The focus of this paper was on performing k-Means clustering when the underlying data is divided among two parties. An interesting direction for further research is the extension to generic multiparty computation for \(n > 2\) parties. There are a number of techniques that can be used to extend secure two-party protocols to the \(n>2\) setting; see, e.g. discussion and references in [8], which describes a multiparty coin-flipping protocol.

Another extension that would be interesting to consider is that of preserving privacy in a malicious adversary model. One approach would be to augment the 2-party protocols presented in this paper with standard techniques (e.g. [15, 17]) to boost security from the honest-but-curious to the malicious adversary setting.

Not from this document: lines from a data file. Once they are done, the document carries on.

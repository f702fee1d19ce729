-- ===== src/Staking/Tests/Samples.antt =====
-- A sample world of the staking program and two runs in it.
use rise_protocol.Prelude.{
  ◌≡◌, ◌==◌, refl, none, [], false, if◌then◌else◌, ok, err, arith, u64, u128,
}
use rise_protocol.Sample.{Bank, sample_runtime}
use rise_protocol.Staking.State.{
  GlobalPool, ProtocolTreasury, Outcome, sol_to_rise_sol, rise_sol_to_sol,
}
use rise_protocol.Staking.Deposit.{stake_sol, resync, grow_supply, credit_stake}
use rise_protocol.Staking.Withdrawal.{unstake_rise_sol, shrink_supply, queue_withdrawal}
use rise_protocol.Staking.Cdp.{initialize_pool}
use rise_protocol.Staking.World.{
  World, Addresses, stakes, unstakes, load_optional, store_optional, store_tracker, find_ticket,
  check_absent,
}
use rise_protocol.Staking.Process.{process, process_stake, process_unstake}
use rise_protocol.Staking.Reachable.{IsApart}

abbrev pub addresses : Addresses
addresses = record {
  global_pool = 1;
  pool_vault = 3;
  reserve_vault = 4;
  verise_vault = 5;
  stake_rewards_config = 6;
  stake_rewards_vault = 7;
  config_bump = 255;
  tracker_bump = λ k. 254;
  ticket_bump = λ k n. 253;
  governance_program_id = 40;
}

pub addresses-IsApart : IsApart addresses
addresses-IsApart = omega arith

-- Account 10 owns the riseSOL account 11; 2 is the mint. Account 3, the vault, holds its rent.
abbrev pub bank : Bank
bank = record {
  balance = λ k. if k == 10 then 50_000_000_000 else if k == 3 then 890_880 else 0;
  token = λ k. record { mint = 2; owner = 10; amount = 0 };
  epoch = 7;
  slot = 1_000;
}

abbrev pub genesis_pool : GlobalPool
genesis_pool = record {
  authority = 8;
  rise_sol_mint = 2;
  total_sol_staked = 0;
  staking_rise_sol_supply = 0;
  exchange_rate = 1_000_000_000;
  last_rate_update_epoch = 5;
  liquid_buffer_lamports = 0;
  liquid_buffer_target_bps = 1_000;
  protocol_fee_bps = 500;
  paused = false;
  pending_withdrawals_lamports = 0;
  bump = 255;
  cdp_config_pubkey = 0;
  prev_exchange_rate = 0;
  prev_rate_update_slot = 0;
  unstake_nonce = 0;
}

pub genesis : initialize_pool 8 2 255 5 500 1_000 ≡ ok genesis_pool
unfolding initialize_pool
genesis = refl

abbrev pub treasury : ProtocolTreasury
treasury = record {
  authority = 8;
  team_wallet = 9;
  team_fee_bps = 2_500;
  verise_share_bps = 2_500;
  reserve_lamports = 0;
  revenue_index = 0;
  total_distributed = 0;
  last_collection_epoch = 5;
  bump = 252;
}

abbrev pub start : World Bank
start = record {
  pool = genesis_pool;
  treasury = treasury;
  config = none;
  trackers = λ k. none;
  tickets = [];
  bank = bank;
}

-- The value of an outcome, or the one before.
abbrev pub ok_value : {A : Type 0} → Outcome A → A → A
ok_value (ok a) before = a
ok_value (err e) before = before

unfoldable pub staked : World Bank
unfolding process process_stake load_optional stake_sol sol_to_rise_sol resync grow_supply
    credit_stake store_optional store_tracker u64 u128
staked =
    ok_value (process sample_runtime addresses start (stakes 10 2 11 false false 5_000_000_000))
      start

pub staked_runs :
    process sample_runtime addresses start (stakes 10 2 11 false false 5_000_000_000) ≡ ok staked
unfolding staked
staked_runs = refl

unfoldable pub unstaked : World Bank
unfolding staked process_unstake shrink_supply unstake_rise_sol rise_sol_to_sol queue_withdrawal
    find_ticket check_absent
unstaked =
    ok_value (process sample_runtime addresses staked (unstakes 10 2 11 false false 2_000_000_000))
      staked

pub unstaked_runs :
    process sample_runtime addresses staked (unstakes 10 2 11 false false 2_000_000_000)
    ≡ ok unstaked
unfolding unstaked
unstaked_runs = refl

unstaked_pool :
    (unstaked.pool.liquid_buffer_lamports ≡ 3_000_000_000)
    × (unstaked.pool.pending_withdrawals_lamports ≡ 2_000_000_000)
unfolding unstaked
unstaked_pool = (refl, refl)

Finally, the focus of the presented k-means protocol was to minimize the (asymptotic) communication cost. An interesting open problem is to consider other costs (e.g. round complexity, computation, etc.), as well as optimizing actual (not just asymptotic) communication. One aspect of this follow-up work would likely involve finding suitable instantiations of the subprotocols listed in Sect. 2.2.